In [0]:
import numpy as np
import pandas as pd
import matplotlib.pyplot as plt
from sklearn.model_selection import train_test_split

In [0]:
def relu(inputs):
    return np.maximum(inputs, 0)

# output probability distribution function
def softmax(inputs):
    exp = np.exp(inputs)
    return exp/np.sum(exp, axis = 1, keepdims = True)

# loss
def cross_entropy(inputs, y):
    indices = np.argmax(y, axis = 1).astype(int)
    probability = inputs[np.arange(len(inputs)), indices] #inputs[0, indices]
    log = np.log(probability)
    loss = -1.0 * np.sum(log) / len(log)
    return loss

# L2 regularization
def L2_regularization(la, weight1, weight2):
    weight1_loss = 0.5 * la * np.sum(weight1 * weight1)
    weight2_loss = 0.5 * la * np.sum(weight2 * weight2)
    return weight1_loss + weight2_loss

In [0]:
class Network:

    def __init__(self, 
                 num_nodes_in_layers, 
                 batch_size,
                 num_epochs,
                 learning_rate, 
                 weights_file
                 ):

        self.num_nodes_in_layers = num_nodes_in_layers
        self.batch_size = batch_size
        self.num_epochs = num_epochs
        self.learning_rate = learning_rate
        self.weights_file = weights_file

        # build the network
        #         w1/b1    w2/b2   
        #784(inputs) ---> 20 ---> 10(output)
        #         x     z1  a1  z2  a2=y
        self.weight1 = np.random.normal(0, 1, [self.num_nodes_in_layers[0], self.num_nodes_in_layers[1]])
        self.bias1 = np.zeros((1, self.num_nodes_in_layers[1]))
        self.weight2 = np.random.normal(0, 1, [self.num_nodes_in_layers[1], self.num_nodes_in_layers[2]])
        self.bias2 = np.zeros((1, self.num_nodes_in_layers[2]))
        self.loss = []

    def train(self, inputs, labels):

        for epoch in range(self.num_epochs): # training begin
            iteration = 0
            while iteration < len(inputs):

                # batch input
                inputs_batch = inputs[iteration:iteration+self.batch_size]
                labels_batch = labels[iteration:iteration+self.batch_size]
                
                # forward pass
                z1 = np.dot(inputs_batch, self.weight1) + self.bias1
                a1 = relu(z1)
                z2 = np.dot(a1, self.weight2) + self.bias2
                y = softmax(z2)
                
                # calculate loss
                loss = cross_entropy(y, labels_batch)
                loss += L2_regularization(0.01, self.weight1, self.weight2)#lambda
                self.loss.append(loss)

                # backward pass
                delta_y = (y - labels_batch) / y.shape[0]
                delta_hidden_layer = np.dot(delta_y, self.weight2.T) 
                delta_hidden_layer[a1 <= 0] = 0 # derivatives of relu

                # backpropagation
                weight2_gradient = np.dot(a1.T, delta_y) # forward * backward
                bias2_gradient = np.sum(delta_y, axis = 0, keepdims = True)
            
                weight1_gradient = np.dot(inputs_batch.T, delta_hidden_layer)
                bias1_gradient = np.sum(delta_hidden_layer, axis = 0, keepdims = True)
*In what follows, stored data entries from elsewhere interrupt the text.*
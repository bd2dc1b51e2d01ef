-- ===== src/Crdt/ServiceApply.antt =====
-- Publishing and unpublishing owner-bound services (crdt/service_apply.rs).
pub mod Laws
pub mod Owners
pub mod Losses
use lightning_mesh.Prelude.{Bool, true, false, ◌&&◌, Option, none, some, if◌then◌else◌}
use lightning_mesh.Order.{Text, ◌==◌, gtb, text_ord}
use lightning_mesh.Book.{get, insert, remove}
use lightning_mesh.Crdt.Hlc.{Hlc, hlc_ord}
use lightning_mesh.Crdt.Entries.{
  ServiceEntryV2, ServiceBookV2, ServiceTombstone, ServiceTombstoneBook, LostName, LostNameMap,
}
use lightning_mesh.Crdt.Merge.{
  MergeResult, inserted, updated, unchanged, conflict, Checked, ok, reserved_service_name,
  is_reserved_service_name, merge_service_v2,
}

pub data PublishOutcome : Type 0 where
  merged : MergeResult ServiceEntryV2 → PublishOutcome
  revived : PublishOutcome
  rejected_by_tombstone : PublishOutcome

pub data UnpublishOutcome : Type 0 where
  unpublished tombstone_recorded not_changed ignored_not_owner : UnpublishOutcome

-- `?` on a `Result<_, ReservedServiceName>`
infixl 5 ◌>>=◌
abbrev pub ◌>>=◌ {ℓ κ} : {A : Type ℓ} {B : Type κ} → Checked A → (A → Checked B) → Checked B
ok a >>= f = f a
reserved_service_name n >>= f = reserved_service_name n

unfoldable pub apply_merge_result :
    ServiceBookV2 → Text → ServiceEntryV2 → MergeResult ServiceEntryV2 → ServiceBookV2
apply_merge_result book name incoming inserted = insert book name incoming
apply_merge_result book name incoming updated = insert book name incoming
apply_merge_result book name incoming (conflict winner loser) = insert book name winner
apply_merge_result book name incoming unchanged = book

-- The book afterwards and the outcome. An error leaves the book as it was.
unfoldable pub apply_service_publish_v2 :
    ServiceBookV2
    → ServiceTombstoneBook
    → Text
    → ServiceEntryV2
    → Checked (ServiceBookV2 × PublishOutcome)
unfolding apply_merge_result
apply_service_publish_v2 book tombstones name incoming = elim (get book name) [
  | some local ↦ do
    result ← merge_service_v2 name (some local) incoming
    ok (apply_merge_result book name incoming result, merged result)
  | none ↦ elim (get tombstones name) [
    | none ↦ do
      result ← merge_service_v2 name none incoming
      ok (apply_merge_result book name incoming result, merged result)
    | some tombstone ↦
        if incoming.owner_node_id == tombstone.owner_node_id
          && gtb incoming.updated_at tombstone.hlc
        then ok (insert book name incoming, revived)
        else ok (book, rejected_by_tombstone)
  ]
]

unfoldable pub track_conflict_loss : LostNameMap → Text → Text → PublishOutcome → LostNameMap
track_conflict_loss lost_names self_id name (merged (conflict winner loser)) =
    if loser.owner_node_id == self_id
    then insert lost_names name
        (record { winner_node_id = winner.owner_node_id; hlc = winner.first_claimed_at })
    else lost_names
track_conflict_loss lost_names self_id name _ = lost_names

-- The book and the lost names afterwards, and the outcome.
unfoldable pub apply_service_publish_v2_tracking_loss :
    ServiceBookV2
    → ServiceTombstoneBook
    → LostNameMap
    → Text
    → Text
    → ServiceEntryV2
    → Checked (ServiceBookV2 × LostNameMap × PublishOutcome)
unfolding track_conflict_loss
apply_service_publish_v2_tracking_loss book tombstones lost_names self_id name incoming = do
  (book', outcome) ← apply_service_publish_v2 book tombstones name incoming
  ok (book', track_conflict_loss lost_names self_id name outcome, outcome)

-- `Result<_, ServicePublishError>`
pub data Published {ℓ} (A : Type ℓ) : Type ℓ where
  done : A → Published A
  reserved : Text → Published A
  lost_to_peer : Text → Published A

-- `map_err`
abbrev pub map_reserved {ℓ} : {A : Type ℓ} → Checked A → Published A
map_reserved (ok a) = done a
map_reserved (reserved_service_name n) = reserved n

unfoldable pub publish_service_v2 :
    ServiceBookV2
    → ServiceTombstoneBook
    → LostNameMap
    → Text
    → Text
    → ServiceEntryV2
    → Published (ServiceBookV2 × LostNameMap × PublishOutcome)
publish_service_v2 book tombstones lost_names self_id name incoming =
    if is_reserved_service_name name then reserved name else elim (get lost_names name) [
      | some lost ↦ lost_to_peer lost.winner_node_id
      | none ↦
          map_reserved (
            apply_service_publish_v2_tracking_loss book tombstones lost_names self_id name incoming)
    ]

-- The book and the tombstones afterwards, and the outcome.
unfoldable pub apply_service_unpublish_v2 :
    ServiceBookV2
    → ServiceTombstoneBook
    → Text
    → Text
    → Hlc
    → ServiceBookV2 × ServiceTombstoneBook × UnpublishOutcome
apply_service_unpublish_v2 book tombstones name owner_node_id hlc =
    let tombstone : ServiceTombstone = record { owner_node_id = owner_node_id; hlc = hlc } in
    elim (get book name) [
      | some local ↦
          if local.owner_node_id == owner_node_id
          then (remove book name, insert tombstones name tombstone, unpublished)
          else (book, tombstones, ignored_not_owner)
      | none ↦ elim (get tombstones name) [
        | none ↦ (book, insert tombstones name tombstone, tombstone_recorded)
        | some existing ↦
            if existing.owner_node_id == owner_node_id
            then if gtb hlc existing.hlc
              then (book, insert tombstones name tombstone, tombstone_recorded)
              else (book, tombstones, not_changed)
            else (book, tombstones, ignored_not_owner)
      ]
    ]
                # L2 regularization
                weight2_gradient += 0.01 * self.weight2
                weight1_gradient += 0.01 * self.weight1

                # stochastic gradient descent
                self.weight1 -= self.learning_rate * weight1_gradient #update weight and bias
                self.bias1 -= self.learning_rate * bias1_gradient
                self.weight2 -= self.learning_rate * weight2_gradient
                self.bias2 -= self.learning_rate * bias2_gradient

                print('=== Epoch: {:d}/{:d}\tIteration:{:d}\tLoss: {:.2f} '.format(epoch+1, self.num_epochs, iteration+1, loss))
                iteration += self.batch_size
        '''
        obj = [self.weight1, self.bias1, self.weight2, self.bias2]
        with open('filename.pkl', 'wb') as handle:
            pickle.dump(obj, handle, protocol=pickle.HIGHEST_PROTOCOL)
        '''

    def test(self, inputs, labels):
        input_layer = np.dot(inputs, self.weight1)
        hidden_layer = relu(input_layer + self.bias1)
        scores = np.dot(hidden_layer, self.weight2) + self.bias2
        probs = softmax(scores)
        acc = float(np.sum(np.argmax(probs, 1) == labels)) / float(len(labels))
        print('Test accuracy: {:.2f}%'.format(acc*100))

In [4]:
!pip install mnist
import mnist


# load data
num_classes = 10
train_images = mnist.train_images() #[60000, 28, 28]
train_labels = mnist.train_labels()
test_images = mnist.test_images()
test_labels = mnist.test_labels()

print("Training...")

# data processing
X_train = train_images.reshape(train_images.shape[0], train_images.shape[1]*train_images.shape[2]).astype('float32') #flatten 28x28 to 784x1 vectors, [60000, 784]
x_train = X_train / 255 #normalization
y_train = np.eye(num_classes)[train_labels] #convert label to one-hot

X_test = test_images.reshape(test_images.shape[0], test_images.shape[1]*test_images.shape[2]).astype('float32') #flatten 28x28 to 784x1 vectors, [60000, 784]
x_test = X_test / 255 #normalization
y_test = test_labels

net = Network(
                 num_nodes_in_layers = [784, 20, 10], 
                 batch_size = 1,
                 num_epochs = 5,
                 learning_rate = 0.001, 
                 weights_file = 'weights.pkl'
             )

net.train(x_train, y_train)


print("Testing...")
net.test(x_test, y_test)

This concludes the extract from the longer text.